## WHAT YOU ARE ASKED TO DO
Starting with the line that contains "s).0 ≡ goes_on", set down each line through the end of the entries below, exactly and with nothing added.

## Collected data

* * * * * * *

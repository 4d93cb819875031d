-- ===== src/Projects/Access.antt =====
-- The middleware of backend/internal/middleware/rbac.go with the project service as its resolver,
-- as backend/cmd/server/main.go wires them.
mod Tests
use sentinel_api_platform.Prelude.{
  ◌≡◌, refl, sym, ap, ◌∙◌, ◌⊎◌, inl, inr, String, Bool, true, false, ◌==◌, eq_iff, List, arith,
  Bool-cases, if◌then◌else◌,
}
use mathlib.Core.List.{Memᴰ}
use mathlib.Core.Path.{subst}
use mathlib.Core.Bool.{false≢true}
use sentinel_api_platform.Errs.{Error, is, not_found}
use sentinel_api_platform.Effects.{
  ok_injective, Result, ok, err, Call, ◌>>=◌, pure, map_err, sentinel_or, wrap, Result-cases,
  bind-ok, map_err-ok, map_err-state,
}
use sentinel_api_platform.Model.{Project, ProjectMember}
use sentinel_api_platform.Projects.Service.{ProjectStore, MemberStore, member_role, role_for}
use sentinel_api_platform.Projects.Rbac.{goes_on, require_project_role}
use sentinel_api_platform.Projects.Rbac.Laws.{Admitted, require_project_role-goes_on_iff}

module _ {S : Type 0} (projects : ProjectStore S) (members : MemberStore S) where
  -- The user owns the project and has the role "admin", or is a member with the role; a role that
  -- is empty is that of a user who is no member.
  pub data HasRole (pid user role : String) (s : S) : Type 0 where
    is_owner :
        (p : Project)
        → (projects.find_by_id pid s).0 ≡ ok p
        → p.owner_id ≡ user
        → role ≡ "admin"
        → HasRole pid user role s
    is_member :
        (m : ProjectMember)
        → (members.find pid user (projects.find_by_id pid s).1).0 ≡ ok m
        → m.role ≡ role
        → HasRole pid user role s
    is_stranger : role ≡ "" → HasRole pid user role s

  member_role-found :
      (pid user role : String) (s : S)
      → (member_role projects members pid user s).0 ≡ ok role
      → ((m : ProjectMember) × ((members.find pid user s).0 ≡ ok m) × (m.role ≡ role)) ⊎ (role ≡ "")
  unfolding member_role
  member_role-found pid user role s h = elim (Result-cases (members.find pid user s).0) [
    | inl (m, e) ↦ inl (m, e, ok_injective (rw (e, member_role) at h))
    | inr (why, e) ↦ elim (Bool-cases (is why not_found)) [
      | inl t ↦ inr (sym (ok_injective (rw (e, member_role, t) at h)))
      | inr f ↦ (let stuck = rw (e, member_role, f) at h in ground arith)
    ]
  ]

  role_for-HasRole :
      (pid user role : String) (s : S)
      → (role_for projects members pid user s).0 ≡ ok role
      → HasRole pid user role s
  unfolding role_for member_role
  role_for-HasRole pid user role s h =
      let context = sentinel_or not_found "find project for role: " in
      let find = projects.find_by_id pid in
      let next : Project → Call S String =
        λ p. if p.owner_id == user then pure "admin" else member_role projects members pid user in
      let (p, there, same) = bind-ok (map_err context find) next s role h in
      let h₁ : (next p (map_err context find s).1).0 ≡ ok role = ap (λ x. x.0) (sym same) ∙ h in
      let state = map_err-state context find s in
      elim (Bool-cases (p.owner_id == user)) [
        | inl e ↦
            is_owner p (map_err-ok context find s p there) ((eq_iff p.owner_id user).0 e)
              (sym (ok_injective (rw e at h₁)))
        | inr e ↦
            elim (member_role-found pid user role (find s).1 (
              subst (λ t. (member_role projects members pid user t).0 ≡ ok role) state
                (rw e at h₁))) [
                  | inl (m, found, same_role) ↦ is_member m found same_role
                  | inr empty ↦ is_stranger empty
                ]
      ]

  -- A request for which the middleware calls the next handler itself comes from the owner of the project, where "admin" is
  -- one of the levels, or from a member of it whose role is one of the levels.
  pub admitted_member :
      (levels : List String) (user pid : String) (s : S)
      → (require_project_role (role_for projects members) levels user pid s).0 ≡ goes_on
      → ((p : Project) × ((projects.find_by_id pid s).0 ≡ ok p)
          × (p.owner_id ≡ user)
          × Memᴰ "admin" levels)
        ⊎ ((m : ProjectMember) × ((members.find pid user (projects.find_by_id pid s).1).0 ≡ ok m)
            × Memᴰ m.role levels)
  admitted_member levels user pid s h =
      let a =
        (require_project_role-goes_on_iff (role_for projects members) levels user pid s).0 h in
      elim (role_for-HasRole pid user a.role s a.resolved) [
        | is_owner p there owns admin ↦
            inl (p, there, owns, subst (λ r. Memᴰ r levels) admin a.is_level)
        | is_member m found same ↦ inr (m, found, subst (λ r. Memᴰ r levels) (sym same) a.is_level)
        | is_stranger empty ↦ absurd (false≢true (sym a.is_role ∙ (eq_iff a.role "").1 empty))
      ]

* * * * * * *

## SOLUTION FOR THIS TASK
      → (require_project_role (role_for projects members) levels user pid s).0 ≡ goes_on
      → ((p : Project) × ((projects.find_by_id pid s).0 ≡ ok p)
          × (p.owner_id ≡ user)
          × Memᴰ "admin" levels)
        ⊎ ((m : ProjectMember) × ((members.find pid user (projects.find_by_id pid s).1).0 ≡ ok m)
            × Memᴰ m.role levels)
  admitted_member levels user pid s h =
      let a =
        (require_project_role-goes_on_iff (role_for projects members) levels user pid s).0 h in
      elim (role_for-HasRole pid user a.role s a.resolved) [
        | is_owner p there owns admin ↦
            inl (p, there, owns, subst (λ r. Memᴰ r levels) admin a.is_level)
        | is_member m found same ↦ inr (m, found, subst (λ r. Memᴰ r levels) (sym same) a.is_level)
        | is_stranger empty ↦ absurd (false≢true (sym a.is_role ∙ (eq_iff a.role "").1 empty))
      ]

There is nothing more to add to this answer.